-- ===== src/Url.antt =====
-- The addresses that the program takes apart: the host and port of a URL (Signal.cpp lines 41 to
-- 112, NodeSelector.cpp lines 41 to 75), and the scheme that a WebSocket is opened with
-- (WebSocket.cpp lines 35 to 45).
pub mod Shape
pub mod Host
pub mod Scheme
pub mod Sni
pub mod Token
use mathlib.Core.Option
use bff_rtc_base.Base.{
  ℕ, ◌+◌, ◌-◌, ◌%◌, ◌^◌, Bool, true, false, List, [], ◌∷◌, ◌++◌, Option, none, some, Bytes, codes,
  if◌then◌else◌, ltb, ◌==◌, ◌||◌, ◌&&◌, leb, drop, substr, replace, length, is_empty, is_digit,
  find_byte, find_byte_from, rfind_byte, find_text, starts_with, value, to_string, lookup, nat_eq,
  bytes_eq,
}

-- Behind `://`, if the text has one.
abbrev pub strip_scheme : Bytes → Bytes
strip_scheme s = elim (find_text (codes "://") s) [ none ↦ s | some i ↦ drop (i + 3) s ]

-- In front of the first `/`, if the text has one.
abbrev pub strip_path : Bytes → Bytes
strip_path s = elim (find_byte b'/' s) [ none ↦ s | some i ↦ substr s 0 i ]

-- `!s.empty() && s.front() == '['`
unfoldable pub is_bracketed : Bytes → Bool
is_bracketed [] = false
is_bracketed (c ∷ s) = c == b'['

abbrev pub bracketed_host : Bytes → Bytes
bracketed_host s = elim (find_byte b']' s) [ some rb ↦ substr s 1 (rb - 1) | none ↦ s ]

abbrev pub plain_host : Bytes → Bytes
plain_host s = elim (find_byte b':' s) [ some colon ↦ substr s 0 colon | none ↦ s ]

abbrev pub authority_host : Bytes → Bytes
authority_host s = if is_bracketed s then bracketed_host s else plain_host s

unfoldable pub host_from_url : Bytes → Bytes
host_from_url url = authority_host (strip_path (strip_scheme url))

-- NodeSelector's own copy of the same routine.
unfoldable pub host_from_addr : Bytes → Bytes
host_from_addr addr = authority_host (strip_path (strip_scheme addr))

-- `isspace`
is_space : ℕ → Bool
is_space c = c == b' ' || (leb 9 c && leb c 13)

skip_spaces : Bytes → Bytes
unfolding is_space
skip_spaces [] = []
skip_spaces (c ∷ s) = let rest = skip_spaces s in if is_space c then rest else c ∷ s

leading_digits : Bytes → Bytes
leading_digits [] = []
leading_digits (c ∷ s) = if is_digit c then c ∷ leading_digits s else []

-- A sign in front of the digits: whether it is a minus, and what stands behind it.
split_sign : Bytes → Bool × Bytes
split_sign [] = (false, [])
split_sign (c ∷ s) =
    if c == b'-' then (true, s) else if c == b'+' then (false, s) else (false, c ∷ s)

-- `std::stoul` where `unsigned long` has 64 bits. It throws, here `none`, where there is no digit
-- or the number does not fit; a minus wraps.
unfoldable pub stoul : Bytes → Option ℕ
unfolding skip_spaces leading_digits split_sign
stoul s =
    let (minus, unsigned) = split_sign (skip_spaces s) in
    let ds = leading_digits unsigned in
    let v = value 0 ds in
    if is_empty ds
    then none
    else if ltb v (2 ^ 64)
    then some (if minus then (2 ^ 64 - v) % 2 ^ 64 else v)
    else none

abbrev pub port_number : Bytes → Option ℕ
port_number s = Option.map (λ v. v % 2 ^ 32) (stoul s)

abbrev pub bracketed_port : Bytes → Option ℕ
bracketed_port s = elim (find_byte b']' s) [
  | none ↦ some 443
  | some rb ↦ elim (find_byte_from b':' s rb) [
    | none ↦ some 443
    | some colon ↦ port_number (drop (colon + 1) s)
  ]
]

abbrev pub plain_port : Bytes → Option ℕ
plain_port s = elim (rfind_byte b':' s) [
  | none ↦ some 443
  | some colon ↦ elim (find_byte b':' s) [
    | none ↦ some 443
    | some first ↦ if first == colon then port_number (drop (colon + 1) s) else some 443
  ]
]

abbrev pub authority_port : Bytes → Option ℕ
authority_port s = if is_bracketed s then bracketed_port s else plain_port s

-- `none` where the exception of `std::stoul` leaves the function.
unfoldable pub port_from_url : Bytes → Option ℕ
port_from_url url = authority_port (strip_path (strip_scheme url))

abbrev pub Hosts : Type 0
Hosts = List (Bytes × Bytes)

-- The name to present in TLS for an address; `sni` is `Config::Shared().sni`.
unfoldable pub sni_host_for_url : Bool → Bytes → Hosts → Option Bytes
sni_host_for_url sni url hosts =
    let host = host_from_url url in
    let by_port =
      Option.map (λ port. Option.get_or (lookup (host ++ (b':' ∷ to_string port)) hosts) [])
        (port_from_url url) in
    if sni
    then if is_empty host
      then some []
      else elim (lookup host hosts) [ some name ↦ some name | none ↦ by_port ]
    else some []

unfoldable pub replace_host : Bytes → Bytes → Bytes → Bytes
replace_host url old_host new_host =
    if is_empty old_host then url else elim (find_text old_host url) [
      | none ↦ url
      | some pos ↦ replace url pos (length old_host) new_host
    ]

-- Plain HTTP schemes become those of WebSocket, and then always with TLS.
abbrev pub http_to_ws : Bytes → Bytes
http_to_ws url =
    if starts_with (codes "https://") url
    then replace url 0 5 (codes "wss")
    else if starts_with (codes "http://") url
    then replace url 0 4 (codes "ws")
    else url

abbrev pub ws_to_wss : Bytes → Bytes
ws_to_wss url = if starts_with (codes "ws://") url then replace url 0 2 (codes "wss") else url

unfoldable pub normalize_ws_url : Bytes → Bytes
normalize_ws_url url = ws_to_wss (http_to_ws url)
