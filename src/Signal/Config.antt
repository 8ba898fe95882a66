-- ===== src/Signal/Config.antt =====
-- defs.h: the configuration that the signaling core reads, and the errors that it reports.
use bff_rtc_base.Base.{Bool, Option, Bytes, ℤ}
use bff_rtc_base.Url.{Hosts}

pub data RtcError : Type 0 where
  signal_failed ssl token : RtcError

pub data RtcIcePolicy : Type 0 where
  none all no_host relay udp tcp tls : RtcIcePolicy

pub data SignalImplementation : Type 0 where
  curl quic mixed : SignalImplementation

-- Times in milliseconds.
pub record SignalOptions : Type 0 where
  pub server : Option Bytes
  pub json : Bool
  pub implementation : SignalImplementation
  pub mixed_delay : ℤ
  pub connect_timeout : ℤ
  pub ping_interval : ℤ
  pub ping_timeout : ℤ
  pub reconnect_interval : ℤ
  pub reconnect_max_times : ℤ
  pub response_timeout : ℤ
  pub auto_subscribe : Bool

pub record Config : Type 0 where
  pub role : Option Bytes
  pub hosts : Hosts
  pub sni : Bool
  pub compression : Bool
  pub ice_policy : RtcIcePolicy
  pub server : Option Bytes
  pub server_recheck : ℤ
  pub servers_sort_timeout : ℤ
  pub signal : SignalOptions

abbrev pub is_mixed : SignalImplementation → Bool
is_mixed SignalImplementation.mixed = Bool.true
is_mixed _ = Bool.false

abbrev pub is_curl : SignalImplementation → Bool
is_curl SignalImplementation.curl = Bool.true
is_curl _ = Bool.false
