-- ===== src/Stun/Nodes.antt =====
-- The choice of the node that suits two peers best.
pub mod Loop
pub mod Best
pub mod Least
pub mod Agree
use bff_rtc_base.Base.{
  ℕ, suc, ◌+◌, ◌*◌, ◌%◌, ◌^◌, Bool, true, false, ◌||◌, ◌&&◌, List, [], ◌∷◌, Option, none, some,
  Bytes, if◌then◌else◌, ltb, leb, ◌==◌, nat_eq, bytes_eq, length, drop, substr, is_digit, find_byte,
  rfind_byte, ℤ, abs_ℕ,
}

-- Addresses with their round trip times in milliseconds.
abbrev pub Rtts : Type 0
Rtts = List (Bytes × ℤ)

abbrev pub squares : ℤ → ℤ → ℕ
squares rtt1 rtt2 = abs_ℕ rtt1 * abs_ℕ rtt1 + abs_ℕ rtt2 * abs_ℕ rtt2

-- The `int`, plus 2^31: so it is a natural number, in the order of `int`. An overflow, which C++
-- leaves undefined, wraps around.
abbrev pub loss : ℤ → ℤ → ℕ
loss rtt1 rtt2 = (squares rtt1 rtt2 + 2 ^ 31) % 2 ^ 32

all_digits : Bytes → Bool
all_digits [] = true
all_digits (c ∷ s) = is_digit c && all_digits s

-- Cuts off a port; whatever has another colon, or anything but digits behind it, is kept.
unfoldable pub normalize_node_ip : Bytes → Bytes
unfolding all_digits
normalize_node_ip ip = elim (rfind_byte b':' ip) [
  | none ↦ ip
  | some colon ↦
      if colon == 0 || leb (length ip) (colon + 1) then ip else elim (find_byte b':' ip) [
        | none ↦ ip
        | some first ↦
            if first == colon && all_digits (drop (colon + 1) ip) then substr ip 0 colon else ip
      ]
]

-- `find_if` and, where it finds an entry, `erase`: the entry's time and the other entries.
unfoldable pub take_entry : Bytes → Rtts → Option (ℤ × Rtts)
take_entry ip [] = none
take_entry ip ((raw, rtt) ∷ rtts) =
    let rest = take_entry ip rtts in
    if normalize_node_ip raw == ip
    then some (rtt, rtts)
    else elim rest [ none ↦ none | some (found, others) ↦ some (found, (raw, rtt) ∷ others) ]

-- `std::map<int, string>`, in the order of its keys, which are kept as `loss` gives them.
abbrev pub LossMap : Type 0
LossMap = List (ℕ × Bytes)

-- `m[key] = ip`
unfoldable pub assign : ℕ → Bytes → LossMap → LossMap
assign key ip [] = (key, ip) ∷ []
assign key ip ((k, i) ∷ m) =
    let rest = assign key ip m in
    if ltb key k then (key, ip) ∷ (k, i) ∷ m else if key == k then (k, ip) ∷ m else (k, i) ∷ rest

unfoldable pub collect_losses : Rtts → Rtts → LossMap → LossMap
unfolding assign take_entry
collect_losses [] rtts2 m = m
collect_losses ((raw, rtt) ∷ rtts1) rtts2 m =
    let ip = normalize_node_ip raw in
    elim (take_entry ip rtts2) [
      | none ↦ collect_losses rtts1 rtts2 m
      | some (other, rest) ↦ collect_losses rtts1 rest (assign (loss rtt other) ip m)
    ]

first_ip : LossMap → Bytes
first_ip [] = []
first_ip ((k, ip) ∷ m) = ip

-- Empty where the peers have no node in common.
unfoldable pub find_best_node : Rtts → Rtts → Bytes
unfolding collect_losses first_ip
find_best_node rtts1 rtts2 = first_ip (collect_losses rtts1 rtts2 [])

EXERCISE OBJECTIVE:
Would you please set down the lines from the one with "assign key ip [] = (key, ip) ∷ []" to the end of the data above, exactly and without any other lines?

OUTPUT:
assign key ip [] = (key, ip) ∷ []
assign key ip ((k, i) ∷ m) =
    let rest = assign key ip m in
    if ltb key k then (key, ip) ∷ (k, i) ∷ m else if key == k then (k, ip) ∷ m else (k, i) ∷ rest

unfoldable pub collect_losses : Rtts → Rtts → LossMap → LossMap
unfolding assign take_entry
collect_losses [] rtts2 m = m
collect_losses ((raw, rtt) ∷ rtts1) rtts2 m =
    let ip = normalize_node_ip raw in
    elim (take_entry ip rtts2) [
      | none ↦ collect_losses rtts1 rtts2 m
      | some (other, rest) ↦ collect_losses rtts1 rest (assign (loss rtt other) ip m)
    ]

first_ip : LossMap → Bytes
first_ip [] = []
first_ip ((k, ip) ∷ m) = ip

-- Empty where the peers have no node in common.
unfoldable pub find_best_node : Rtts → Rtts → Bytes
unfolding collect_losses first_ip
find_best_node rtts1 rtts2 = first_ip (collect_losses rtts1 rtts2 [])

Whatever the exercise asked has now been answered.